1\. The site loads very slowly. This is largely static content, it should not
take this long to load. Adding in all of the whiz-bang animations and
transitions detracts from your overall message.

2\. It's not very accessible. Small fonts, poor contrast, it's very difficult
to read. If you have a 50-year old CEO with money to burn, do you really want
him/her to pass on your firm because they can't read your case studies?

3\. It's a bit confusing. The logo kind of looks like a hamburger menu. The
hamburger menu dropdown is really in your face, and you take over scrolling
when going through the list of projects.

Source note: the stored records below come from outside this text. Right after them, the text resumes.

-- ===== src/Shell/Parser.antt =====
-- The recursive descent of sh.c. The words of a command are the characters from `argv[i]` to
-- `eargv[i]`, which `nulterminate` ends with a zero.
use assignment.Prelude.{
  ℕ, zero, suc, ◌+◌, Bool, true, false, List, [], ◌∷◌, ◌++◌, ◌==◌, if◌then◌else◌, length,
}
use assignment.Shell.Token.{Token, gettoken, peek}

-- `struct execcmd`, `redircmd`, `pipecmd`, `listcmd` and `backcmd`, made by the functions of these names
pub data Cmd : Type 0 where
  execcmd : List (List ℕ) → Cmd
  redircmd : Cmd → (file : List ℕ) → (mode fd : ℕ) → Cmd
  pipecmd listcmd : Cmd → Cmd → Cmd
  backcmd : Cmd → Cmd

-- What a part of the parser comes to: a result with the input that is left, a panic, or the end of its
-- fuel.
pub data Parse (A : Type 0) : Type 0 where
  parsed : A → List ℕ → Parse A
  panics : Parse A
  unfinished : Parse A

abbrev pub P : Type 0 → Type 0
P A = List ℕ → Parse A

infixl 5 ◌>>=◌ ◌>>◌
abbrev pub ◌>>=◌ : {A B : Type 0} → P A → (A → P B) → P B
◌>>=◌ m f s = elim (m s) [ parsed a t ↦ f a t | panics ↦ panics | unfinished ↦ unfinished ]

abbrev pub ◌>>◌ : {A B : Type 0} → P A → P B → P B
m >> k = m >>= λ _. k

abbrev pub return : {A : Type 0} → A → P A
return a s = parsed a s

abbrev pub panic : {A : Type 0} → P A
panic s = panics

abbrev pub take_token : P Token
take_token s = parsed (gettoken s) (gettoken s).rest

abbrev pub sees : List ℕ → P Bool
sees toks s = parsed (peek toks s).0 (peek toks s).1

-- A redirection: the file, O_RDONLY or O_WRONLY|O_CREATE, and the descriptor.
pub record Redir : Type 0 where
  pub file : List ℕ
  pub mode : ℕ
  pub fd : ℕ

abbrev pub redir : ℕ → List ℕ → Redir
redir kind file =
    if kind == 60
    then record { file = file; mode = 0; fd = 0 }
    else record { file = file; mode = 513; fd = 1 }

-- The commands that `redircmd` makes around a command, the last one outermost.
unfoldable pub redirected : List Redir → Cmd → Cmd
redirected [] cmd = cmd
redirected (r ∷ rs) cmd = redirected rs (redircmd cmd r.file r.mode r.fd)

-- The loop of `parseredirs`: the redirections in their order.
unfoldable pub redirs_from : ℕ → P (List Redir)
redirs_from zero s = unfinished
redirs_from (suc fuel) s =
    (sees (60 ∷ 62 ∷ []) >>= λ more.
    if more
    then (do
      t ← take_token
      f ← take_token
      if f.kind == 97 then return tt else panic
      rs ← redirs_from fuel
      return (redir t.kind f.text ∷ rs))
    else return [])
      s

unfoldable pub parseredirs : P (List Redir)
parseredirs s = redirs_from (length s + 1) s

-- The loop of `parseexec` with room for `left` words before MAXARGS is reached.
unfoldable pub args_from : ℕ → P (List (List ℕ) × List Redir)
args_from zero s = panics
args_from (suc left) s =
    (sees (124 ∷ 41 ∷ 38 ∷ 59 ∷ []) >>= λ stop. if stop then return ([], []) else (do
      t ← take_token
      if t.kind == 0 then return ([], []) else (do
        if t.kind == 97 then return tt else panic
        if left == 0 then panic else return tt
        rs ← parseredirs
        more ← args_from left
        return (t.text ∷ more.0, rs ++ more.1))))
      s

-- `parseblock`; `line` is `parseline`.
unfoldable pub parseblock : P Cmd → P Cmd
parseblock line = do
  open_paren ← sees (40 ∷ [])
  if open_paren then return tt else panic
  take_token
  cmd ← line
  closed ← sees (41 ∷ [])
  if closed then return tt else panic
  take_token
  rs ← parseredirs
  return (redirected rs cmd)

unfoldable pub parseexec : P Cmd → P Cmd
parseexec line = do
  block ← sees (40 ∷ [])
  if block then parseblock line else (do
    rs ← parseredirs
    more ← args_from 10
    return (redirected (rs ++ more.1) (execcmd (more.0))))

-- `parsepipe`
unfoldable pub pipe_from : P Cmd → ℕ → P Cmd
pipe_from line zero s = unfinished
pipe_from line (suc fuel) s =
    (parseexec line >>= λ cmd. sees (124 ∷ []) >>= λ bar.
    if bar
    then (do take_token; right ← pipe_from line fuel; return (pipecmd cmd right))
    else return cmd)
      s

unfoldable pub parsepipe : P Cmd → P Cmd
parsepipe line s = pipe_from line (length s + 1) s

-- The loop of `parseline` over '&'.
unfoldable pub backs_from : ℕ → Cmd → P Cmd
backs_from zero cmd s = unfinished
backs_from (suc fuel) cmd s =
    (sees (38 ∷ []) >>= λ back.
    if back then (take_token >> backs_from fuel (backcmd cmd)) else return cmd)
      s

unfoldable pub backs : Cmd → P Cmd
backs cmd s = backs_from (length s + 1) cmd s

-- `parseline`; one unit of fuel for each line inside a line.
unfoldable pub line_from : ℕ → P Cmd
line_from zero s = unfinished
line_from (suc fuel) s =
    (parsepipe (line_from fuel) >>= backs >>= λ cmd. sees (59 ∷ []) >>= λ semi.
    if semi
    then (do take_token; right ← line_from fuel; return (listcmd cmd right))
    else return cmd)
      s

unfoldable pub parseline : P Cmd
parseline s = line_from (length s + 1) s

abbrev pub is_empty : List ℕ → Bool
is_empty [] = true
is_empty (c ∷ s) = false

-- `parsecmd`, which panics at leftovers.
unfoldable pub parsecmd : P Cmd
parsecmd = do cmd ← parseline; sees []; λ s. if is_empty s then parsed cmd s else panics
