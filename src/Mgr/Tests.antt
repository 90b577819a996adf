-- ===== src/Mgr/Tests.antt =====
-- The theorems on the manager at a concrete one.
use intel_ipsec_mb.Base.{ℕ, ◌≡◌, refl, sym, subst, none, some, List, [], ◌∷◌, ◌++◌, length, arith}
use native.Mathlib.Decide.{ℕ_discrete}
use intel_ipsec_mb.Job.{Job, CipherMode, Direction, HashAlg, ChainOrder}
use intel_ipsec_mb.Mgr.Kernels.{Manager}
use intel_ipsec_mb.Mgr.State.{Mgr}
use intel_ipsec_mb.Mgr.Steps.{Step}
use intel_ipsec_mb.Mgr.Cipher.{flush_job_aes}
use intel_ipsec_mb.Mgr.Hash.{flush_job_hash}
use intel_ipsec_mb.Mgr.Jobs.{loop_fuel, submit_new_job, complete_job}
use intel_ipsec_mb.Mgr.Api.{
  submit_job, submit_job_nocheck, get_completed_job, flush_job, queue_size,
}
use intel_ipsec_mb.Mgr.Home.{cipher_home, hash_home}
use intel_ipsec_mb.Mgr.Effect.{Flushes, routing_of}
use intel_ipsec_mb.Mgr.Sound.{Slot, waits, outside, Sound}
use intel_ipsec_mb.Mgr.Ring.{Within}
use intel_ipsec_mb.Mgr.Enter.{enter, Within-IsAligned}
use intel_ipsec_mb.Mgr.Resubmit.{Settled, measure-bound}
use intel_ipsec_mb.Mgr.Liveness.{Completed, submit_new_job-Settled, complete_job-Completed}
use intel_ipsec_mb.Mgr.Dispatch.{flush_job_aes-Flushes, flush_job_hash-Flushes}
use intel_ipsec_mb.Mgr.Fifo.{
  IsQueue, IsFifo, only_one, submit_job-IsFifo, submit_job_nocheck-IsFifo,
}
use intel_ipsec_mb.Mgr.Drain.{
  IsTaken, front, finished_front, flush_job-IsTaken, get_completed_job-IsTaken, queue_size-length,
}
use intel_ipsec_mb.Mgr.Trace.{
  init_ring, Call, submit, submit_nocheck, flush, get_completed, run_calls, init_ring-IsQueue,
  run_calls-fifo,
}
use intel_ipsec_mb.Mgr.OneLane.{Lane, one_lane, one_lane_contract}

-- AES-128-CBC, then HMAC-SHA1
abbrev cbc_hmac : Job
cbc_hmac = record {
  enc_keys = 4096;
  dec_keys = 8192;
  key_len = 16;
  src = 65536;
  dst = 131072;
  cipher_start_src_offset = 0;
  msg_len_to_cipher = 64;
  hash_start_src_offset = 0;
  msg_len_to_hash = 64;
  iv = 12288;
  iv_len = 16;
  auth_tag_output = 16384;
  auth_tag_output_len = 12;
  u0 = 20480;
  u1 = 24576;
  u2 = 0;
  status = 0;
  cipher_mode = CipherMode.cbc;
  cipher_direction = Direction.encrypt;
  hash_alg = HashAlg.hmac_sha_1;
  chain_order = ChainOrder.cipher_hash;
  cipher_func = 0;
  hash_func = 0;
}

-- A counter mode job, which never waits for its cipher
abbrev cntr_hmac : Job
cntr_hmac = record cbc_hmac { cipher_mode = CipherMode.cntr }

abbrev fresh : Mgr Lane
fresh = record {
  jobs = λ x. cbc_hmac;
  earliest_job = none;
  next_job = 0;
  features = 0;
  errno = record { mgr_errno = some 0; global_errno = 0 };
  world = none;
}

empty-IsQueue : IsQueue one_lane_contract (init_ring fresh) []
empty-IsQueue = init_ring-IsQueue one_lane_contract fresh (λ x. refl)

abbrev calls : List Call
calls =
    submit cbc_hmac
    ∷ submit cntr_hmac
    ∷ get_completed
    ∷ submit_nocheck cbc_hmac
    ∷ flush
    ∷ flush
    ∷ flush
    ∷ []

run_calls-fifo_example :
    (m' : Mgr Lane) × (ins : List ℕ) × (outs : List ℕ) × (qs' : List ℕ) × (run_calls one_lane calls
        (init_ring fresh)
      ≡ some (m', (ins, outs)))
    × IsQueue one_lane_contract m' qs'
    × ([] ++ ins ≡ outs ++ qs')
run_calls-fifo_example =
    run_calls-fifo one_lane_contract calls (init_ring fresh) []
      (refl, (refl, (tt, (refl, (tt, (tt, (tt, tt))))))) empty-IsQueue

-- A manager with one job, which waits for its cipher
abbrev waiting : Mgr Lane
waiting = record fresh {
  earliest_job = some 0;
  next_job = 184;
  world = some (0, Manager.aes128_ooo);
}

waiting-Sound : Sound one_lane_contract (Within 0 1) waiting none
waiting-Sound x = elim (ℕ_discrete x 0) [
  | yes e ↦
      subst (Slot one_lane_contract (Within 0 1) waiting none) (sym e)
        (waits Manager.aes128_ooo refl (0, omega arith, refl) refl refl (λ h. ground arith))
  | no ne ↦ outside (ground arith) (λ w. ne (only_one 0 x (omega arith) w)) (λ h. ground arith)
]

waiting-IsQueue : IsQueue one_lane_contract waiting (0 ∷ [])
waiting-IsQueue = (
  0,
  1,
  record {
    ring = record { start = omega arith; room = omega arith; next = refl; earliest = refl };
    sound = waiting-Sound;
    usual = λ x w. refl;
  },
  refl,
)

submit_job-IsFifo_example :
    (s : Step Lane) × (submit_job one_lane waiting ≡ some s)
    × IsFifo one_lane_contract (0 ∷ []) (184 ∷ []) s
submit_job-IsFifo_example =
    submit_job-IsFifo one_lane_contract waiting (0 ∷ []) waiting-IsQueue refl

submit_job_nocheck-IsFifo_example :
    (s : Step Lane) × (submit_job_nocheck one_lane waiting ≡ some s)
    × IsFifo one_lane_contract (0 ∷ []) (184 ∷ []) s
submit_job_nocheck-IsFifo_example =
    submit_job_nocheck-IsFifo one_lane_contract waiting (0 ∷ []) waiting-IsQueue refl

flush_job-IsTaken_example :
    (s : Step Lane) × (flush_job one_lane waiting ≡ some s)
    × IsTaken one_lane_contract (0 ∷ []) s
    × (s.1 ≡ front (0 ∷ []))
flush_job-IsTaken_example = flush_job-IsTaken one_lane_contract waiting (0 ∷ []) waiting-IsQueue

get_completed_job-IsTaken_example :
    IsTaken one_lane_contract (0 ∷ []) (get_completed_job waiting)
    × ((get_completed_job waiting).1 ≡ finished_front waiting (0 ∷ []))
get_completed_job-IsTaken_example =
    get_completed_job-IsTaken one_lane_contract waiting (0 ∷ []) waiting-IsQueue

queue_size-length_example :
    ((queue_size waiting).1 ≡ length {A = ℕ} (0 ∷ []))
    × IsQueue one_lane_contract (queue_size waiting).0 (0 ∷ [])
queue_size-length_example = queue_size-length one_lane_contract waiting (0 ∷ []) waiting-IsQueue

complete_job-Completed_example :
    (m' : Mgr Lane) × (complete_job one_lane loop_fuel waiting 0 ≡ some m')
    × Completed one_lane_contract (Within 0 1) waiting 0 m'
complete_job-Completed_example =
    complete_job-Completed one_lane_contract (Within 0 1) loop_fuel waiting 0
      (omega (arith, measure-bound waiting)) (Within-IsAligned 0 1) (λ x w. refl) waiting-Sound
      (0, omega arith, refl)

-- The second job of that manager, before it is handed to the job level
second-Sound : Sound one_lane_contract (Within 0 2) waiting (some 184)
second-Sound =
    enter one_lane_contract 0 1 waiting waiting (omega arith) waiting-Sound (λ x. refl)
      (λ x ne. refl)

submit_new_job-Settled_example :
    (s : Step Lane) × (submit_new_job one_lane loop_fuel waiting 184 ≡ some s)
    × Settled one_lane_contract (Within 0 2) waiting s
submit_new_job-Settled_example =
    submit_new_job-Settled one_lane_contract (Within 0 2) waiting 184 (Within-IsAligned 0 2)
      (λ x w. refl) second-Sound refl

flush_job_aes-Flushes_example :
    Flushes one_lane_contract
      (cipher_home (routing_of waiting 0))
      1
      waiting
      (flush_job_aes one_lane waiting 0)
flush_job_aes-Flushes_example = flush_job_aes-Flushes one_lane_contract waiting 0 refl

flush_job_hash-Flushes_example :
    Flushes one_lane_contract
      (hash_home (routing_of waiting 0))
      2
      waiting
      (flush_job_hash one_lane waiting 0)
flush_job_hash-Flushes_example =
    flush_job_hash-Flushes one_lane_contract waiting 0 refl (λ e. absurd (ground arith))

So many things that make me cringe,
please don't take over my scrolling! Make the information intuitive and easy
to access.

------
MrLeap
Hijacking the scrollbar is a big pet peeve of mine. Designers keep trying to
bring this fad back. I wish they'd not. I get the allure, but I've never seen
it be a value add. Browsers handle that for you, don't get in its way!

------
pwg
With no javascript allowed, I get a large red dot in the center of my browser
window.

If I turn off stylesheets, I can see that there was html text delivered to my
browser, so that text should have appeared, instead of just a single red spot.

------
jonah
Pretty broken on mobile. (Android 7.1.1, Chrome)

Menu animation is too slow on mobile.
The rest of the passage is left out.